EXERCISE REQUIREMENTS:
Below is some data. Retype exactly the lines starting at the one with "pub record IsWellFormed" and ending at the one with "new-IsWellFormed = ground arith".

Stored data entries:

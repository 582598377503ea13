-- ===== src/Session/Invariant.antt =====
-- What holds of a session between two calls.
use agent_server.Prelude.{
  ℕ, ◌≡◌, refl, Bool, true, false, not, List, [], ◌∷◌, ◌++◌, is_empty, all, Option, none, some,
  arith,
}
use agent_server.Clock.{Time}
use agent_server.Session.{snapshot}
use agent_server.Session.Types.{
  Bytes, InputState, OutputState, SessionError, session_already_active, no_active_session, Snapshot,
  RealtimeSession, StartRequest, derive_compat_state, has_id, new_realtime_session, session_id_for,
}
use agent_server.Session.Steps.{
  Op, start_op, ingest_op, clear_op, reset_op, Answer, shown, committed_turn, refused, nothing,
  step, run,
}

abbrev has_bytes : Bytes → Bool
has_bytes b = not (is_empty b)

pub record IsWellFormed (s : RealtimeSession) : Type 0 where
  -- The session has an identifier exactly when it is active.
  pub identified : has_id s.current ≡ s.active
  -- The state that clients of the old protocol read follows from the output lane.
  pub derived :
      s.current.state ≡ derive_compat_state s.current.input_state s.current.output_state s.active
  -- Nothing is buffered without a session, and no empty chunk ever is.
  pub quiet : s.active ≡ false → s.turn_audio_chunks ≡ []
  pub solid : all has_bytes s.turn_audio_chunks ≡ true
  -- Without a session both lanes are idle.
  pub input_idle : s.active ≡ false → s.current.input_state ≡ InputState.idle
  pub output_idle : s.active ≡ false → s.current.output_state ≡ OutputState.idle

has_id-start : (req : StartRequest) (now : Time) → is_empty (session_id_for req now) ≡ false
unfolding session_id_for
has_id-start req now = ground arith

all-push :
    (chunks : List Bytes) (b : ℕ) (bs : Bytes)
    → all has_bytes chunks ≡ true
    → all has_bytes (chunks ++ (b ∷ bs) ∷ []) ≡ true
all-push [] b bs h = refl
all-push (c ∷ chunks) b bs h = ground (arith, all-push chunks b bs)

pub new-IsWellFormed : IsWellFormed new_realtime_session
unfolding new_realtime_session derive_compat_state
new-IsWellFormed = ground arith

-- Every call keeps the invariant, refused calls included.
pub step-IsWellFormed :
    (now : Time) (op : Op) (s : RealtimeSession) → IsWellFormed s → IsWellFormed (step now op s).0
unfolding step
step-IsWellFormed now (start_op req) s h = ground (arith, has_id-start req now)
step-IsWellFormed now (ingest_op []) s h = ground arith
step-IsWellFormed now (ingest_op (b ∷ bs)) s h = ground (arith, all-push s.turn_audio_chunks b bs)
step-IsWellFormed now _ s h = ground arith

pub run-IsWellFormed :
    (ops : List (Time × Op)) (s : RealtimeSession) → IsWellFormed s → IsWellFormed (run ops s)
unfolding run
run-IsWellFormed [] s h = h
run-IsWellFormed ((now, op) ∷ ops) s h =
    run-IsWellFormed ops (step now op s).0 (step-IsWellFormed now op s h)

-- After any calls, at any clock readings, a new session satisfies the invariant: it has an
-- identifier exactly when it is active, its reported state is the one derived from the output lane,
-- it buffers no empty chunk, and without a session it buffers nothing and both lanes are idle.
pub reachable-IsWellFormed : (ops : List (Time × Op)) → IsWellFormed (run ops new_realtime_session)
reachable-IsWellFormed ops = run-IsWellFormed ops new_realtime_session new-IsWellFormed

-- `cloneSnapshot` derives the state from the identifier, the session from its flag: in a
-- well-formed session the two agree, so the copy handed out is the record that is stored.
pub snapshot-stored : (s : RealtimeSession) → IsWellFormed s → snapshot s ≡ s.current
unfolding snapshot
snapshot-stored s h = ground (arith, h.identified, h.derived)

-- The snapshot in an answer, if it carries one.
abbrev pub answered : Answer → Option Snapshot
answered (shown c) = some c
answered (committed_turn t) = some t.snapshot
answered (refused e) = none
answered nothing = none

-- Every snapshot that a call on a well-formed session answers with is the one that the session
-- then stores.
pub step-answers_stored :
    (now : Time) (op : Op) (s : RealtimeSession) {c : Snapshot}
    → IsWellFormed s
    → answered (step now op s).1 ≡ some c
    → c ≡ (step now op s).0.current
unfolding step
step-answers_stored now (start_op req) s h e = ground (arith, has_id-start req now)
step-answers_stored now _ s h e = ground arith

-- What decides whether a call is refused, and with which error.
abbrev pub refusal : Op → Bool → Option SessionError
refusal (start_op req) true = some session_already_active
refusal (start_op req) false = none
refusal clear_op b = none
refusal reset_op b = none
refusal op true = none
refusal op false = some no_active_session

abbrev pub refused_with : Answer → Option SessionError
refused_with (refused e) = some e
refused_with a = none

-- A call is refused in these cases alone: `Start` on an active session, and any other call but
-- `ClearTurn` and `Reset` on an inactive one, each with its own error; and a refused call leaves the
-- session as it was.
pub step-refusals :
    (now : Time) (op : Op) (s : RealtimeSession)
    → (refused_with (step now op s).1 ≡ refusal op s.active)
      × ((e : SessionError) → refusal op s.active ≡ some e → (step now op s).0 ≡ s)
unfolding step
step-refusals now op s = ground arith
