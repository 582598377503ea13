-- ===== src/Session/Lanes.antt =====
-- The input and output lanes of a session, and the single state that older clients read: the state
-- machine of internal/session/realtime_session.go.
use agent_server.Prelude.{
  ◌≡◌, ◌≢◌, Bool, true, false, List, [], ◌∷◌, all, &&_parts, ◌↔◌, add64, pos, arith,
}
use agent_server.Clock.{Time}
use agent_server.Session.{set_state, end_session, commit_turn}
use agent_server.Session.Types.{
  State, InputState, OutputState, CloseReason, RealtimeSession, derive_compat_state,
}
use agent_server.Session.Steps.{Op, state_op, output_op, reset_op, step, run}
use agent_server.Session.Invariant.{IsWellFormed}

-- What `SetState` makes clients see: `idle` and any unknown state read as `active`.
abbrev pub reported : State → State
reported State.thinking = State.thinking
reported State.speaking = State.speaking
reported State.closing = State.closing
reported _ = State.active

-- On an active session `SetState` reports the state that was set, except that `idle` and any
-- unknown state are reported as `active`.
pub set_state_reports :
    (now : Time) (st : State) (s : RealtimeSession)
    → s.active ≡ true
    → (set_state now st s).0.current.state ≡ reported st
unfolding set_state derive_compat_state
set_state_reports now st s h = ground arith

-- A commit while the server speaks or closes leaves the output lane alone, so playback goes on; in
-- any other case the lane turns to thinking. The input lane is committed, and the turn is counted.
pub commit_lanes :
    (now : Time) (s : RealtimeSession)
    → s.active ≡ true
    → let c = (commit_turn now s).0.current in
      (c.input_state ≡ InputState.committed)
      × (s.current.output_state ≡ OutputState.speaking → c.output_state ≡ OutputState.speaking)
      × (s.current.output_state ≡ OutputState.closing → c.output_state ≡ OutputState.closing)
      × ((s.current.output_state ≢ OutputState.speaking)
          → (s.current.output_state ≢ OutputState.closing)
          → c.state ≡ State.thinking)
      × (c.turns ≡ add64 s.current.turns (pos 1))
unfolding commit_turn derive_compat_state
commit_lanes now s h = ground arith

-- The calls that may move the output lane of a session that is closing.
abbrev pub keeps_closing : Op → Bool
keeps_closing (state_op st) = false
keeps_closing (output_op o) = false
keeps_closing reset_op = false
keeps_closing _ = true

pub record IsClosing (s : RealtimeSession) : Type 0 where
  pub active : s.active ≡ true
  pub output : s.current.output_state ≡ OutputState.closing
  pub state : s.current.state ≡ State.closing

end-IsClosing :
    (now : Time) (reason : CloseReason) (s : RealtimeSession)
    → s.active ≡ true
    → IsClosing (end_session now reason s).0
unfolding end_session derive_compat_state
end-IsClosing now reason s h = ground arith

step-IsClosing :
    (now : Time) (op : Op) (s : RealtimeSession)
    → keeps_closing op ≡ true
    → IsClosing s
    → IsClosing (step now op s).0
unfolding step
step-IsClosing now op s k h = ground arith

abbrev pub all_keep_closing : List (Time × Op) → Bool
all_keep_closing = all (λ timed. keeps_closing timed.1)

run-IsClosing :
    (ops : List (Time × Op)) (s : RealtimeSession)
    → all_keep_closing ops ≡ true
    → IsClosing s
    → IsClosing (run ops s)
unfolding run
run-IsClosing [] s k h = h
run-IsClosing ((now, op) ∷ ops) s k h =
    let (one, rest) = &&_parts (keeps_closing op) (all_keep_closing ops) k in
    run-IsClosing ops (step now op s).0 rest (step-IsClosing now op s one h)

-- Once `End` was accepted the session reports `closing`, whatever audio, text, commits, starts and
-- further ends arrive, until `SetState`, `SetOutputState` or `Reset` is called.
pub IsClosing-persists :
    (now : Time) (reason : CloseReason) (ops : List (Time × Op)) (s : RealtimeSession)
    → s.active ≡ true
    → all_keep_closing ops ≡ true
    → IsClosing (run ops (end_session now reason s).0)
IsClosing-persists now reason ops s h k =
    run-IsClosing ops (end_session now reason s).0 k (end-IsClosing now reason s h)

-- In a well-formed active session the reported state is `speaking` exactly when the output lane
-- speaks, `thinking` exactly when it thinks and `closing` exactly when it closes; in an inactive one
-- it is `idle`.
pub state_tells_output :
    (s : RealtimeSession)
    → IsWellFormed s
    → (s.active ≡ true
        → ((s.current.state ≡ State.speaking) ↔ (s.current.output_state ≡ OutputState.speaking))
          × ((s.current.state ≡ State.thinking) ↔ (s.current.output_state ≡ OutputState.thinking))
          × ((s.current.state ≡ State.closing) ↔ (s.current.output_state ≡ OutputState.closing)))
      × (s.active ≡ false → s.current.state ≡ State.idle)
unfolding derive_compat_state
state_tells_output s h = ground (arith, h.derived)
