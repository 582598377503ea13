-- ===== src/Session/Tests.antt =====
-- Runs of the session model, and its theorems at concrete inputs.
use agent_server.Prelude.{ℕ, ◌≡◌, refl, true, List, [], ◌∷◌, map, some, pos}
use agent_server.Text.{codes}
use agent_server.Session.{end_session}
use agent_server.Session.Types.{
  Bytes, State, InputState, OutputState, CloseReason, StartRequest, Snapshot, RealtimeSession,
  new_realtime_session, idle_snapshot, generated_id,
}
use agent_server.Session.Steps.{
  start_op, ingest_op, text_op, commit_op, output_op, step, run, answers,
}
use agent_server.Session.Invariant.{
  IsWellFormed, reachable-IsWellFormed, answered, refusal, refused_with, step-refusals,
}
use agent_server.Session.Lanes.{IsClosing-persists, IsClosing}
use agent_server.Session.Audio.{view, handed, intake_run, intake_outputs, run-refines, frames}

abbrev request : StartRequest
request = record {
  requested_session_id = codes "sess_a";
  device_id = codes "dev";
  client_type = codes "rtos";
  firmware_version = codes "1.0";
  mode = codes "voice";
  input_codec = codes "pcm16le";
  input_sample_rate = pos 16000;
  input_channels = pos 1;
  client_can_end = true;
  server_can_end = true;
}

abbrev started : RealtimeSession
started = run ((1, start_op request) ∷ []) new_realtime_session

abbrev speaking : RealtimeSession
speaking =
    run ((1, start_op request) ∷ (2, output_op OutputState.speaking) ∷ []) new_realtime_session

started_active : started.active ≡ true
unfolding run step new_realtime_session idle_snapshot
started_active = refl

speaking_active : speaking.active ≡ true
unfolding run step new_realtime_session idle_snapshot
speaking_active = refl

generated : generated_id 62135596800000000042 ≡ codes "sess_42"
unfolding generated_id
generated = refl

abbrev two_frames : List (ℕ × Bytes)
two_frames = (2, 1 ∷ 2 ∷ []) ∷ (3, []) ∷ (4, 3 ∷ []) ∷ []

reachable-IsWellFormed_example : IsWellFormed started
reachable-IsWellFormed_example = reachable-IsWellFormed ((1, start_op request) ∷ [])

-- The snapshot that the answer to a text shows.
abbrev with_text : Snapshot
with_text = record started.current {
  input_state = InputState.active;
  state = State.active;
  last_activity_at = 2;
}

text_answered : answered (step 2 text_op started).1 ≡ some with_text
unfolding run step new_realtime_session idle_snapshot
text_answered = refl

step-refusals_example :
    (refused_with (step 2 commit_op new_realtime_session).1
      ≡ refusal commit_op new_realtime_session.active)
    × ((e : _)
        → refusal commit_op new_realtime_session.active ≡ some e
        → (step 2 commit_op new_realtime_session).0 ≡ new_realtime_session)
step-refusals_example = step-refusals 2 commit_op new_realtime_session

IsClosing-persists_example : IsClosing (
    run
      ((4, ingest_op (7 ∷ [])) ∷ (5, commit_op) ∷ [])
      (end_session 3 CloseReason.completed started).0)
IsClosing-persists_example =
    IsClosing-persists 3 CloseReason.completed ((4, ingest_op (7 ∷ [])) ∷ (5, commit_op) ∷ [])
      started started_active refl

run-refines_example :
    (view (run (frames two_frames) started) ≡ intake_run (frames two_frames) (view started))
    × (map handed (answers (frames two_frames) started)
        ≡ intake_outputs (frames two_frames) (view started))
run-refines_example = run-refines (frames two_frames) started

YOUR SOLUTION:
pub record IsWellFormed (s : RealtimeSession) : Type 0 where
  -- The session has an identifier exactly when it is active.
  pub identified : has_id s.current ≡ s.active
  -- The state that clients of the old protocol read follows from the output lane.
  pub derived :
      s.current.state ≡ derive_compat_state s.current.input_state s.current.output_state s.active
  -- Nothing is buffered without a session, and no empty chunk ever is.
  pub quiet : s.active ≡ false → s.turn_audio_chunks ≡ []
  pub solid : all has_bytes s.turn_audio_chunks ≡ true
  -- Without a session both lanes are idle.
  pub input_idle : s.active ≡ false → s.current.input_state ≡ InputState.idle
  pub output_idle : s.active ≡ false → s.current.output_state ≡ OutputState.idle

has_id-start : (req : StartRequest) (now : Time) → is_empty (session_id_for req now) ≡ false
unfolding session_id_for
has_id-start req now = ground arith

all-push :
    (chunks : List Bytes) (b : ℕ) (bs : Bytes)
    → all has_bytes chunks ≡ true
    → all has_bytes (chunks ++ (b ∷ bs) ∷ []) ≡ true
all-push [] b bs h = refl
all-push (c ∷ chunks) b bs h = ground (arith, all-push chunks b bs)

pub new-IsWellFormed : IsWellFormed new_realtime_session
unfolding new_realtime_session derive_compat_state
new-IsWellFormed = ground arith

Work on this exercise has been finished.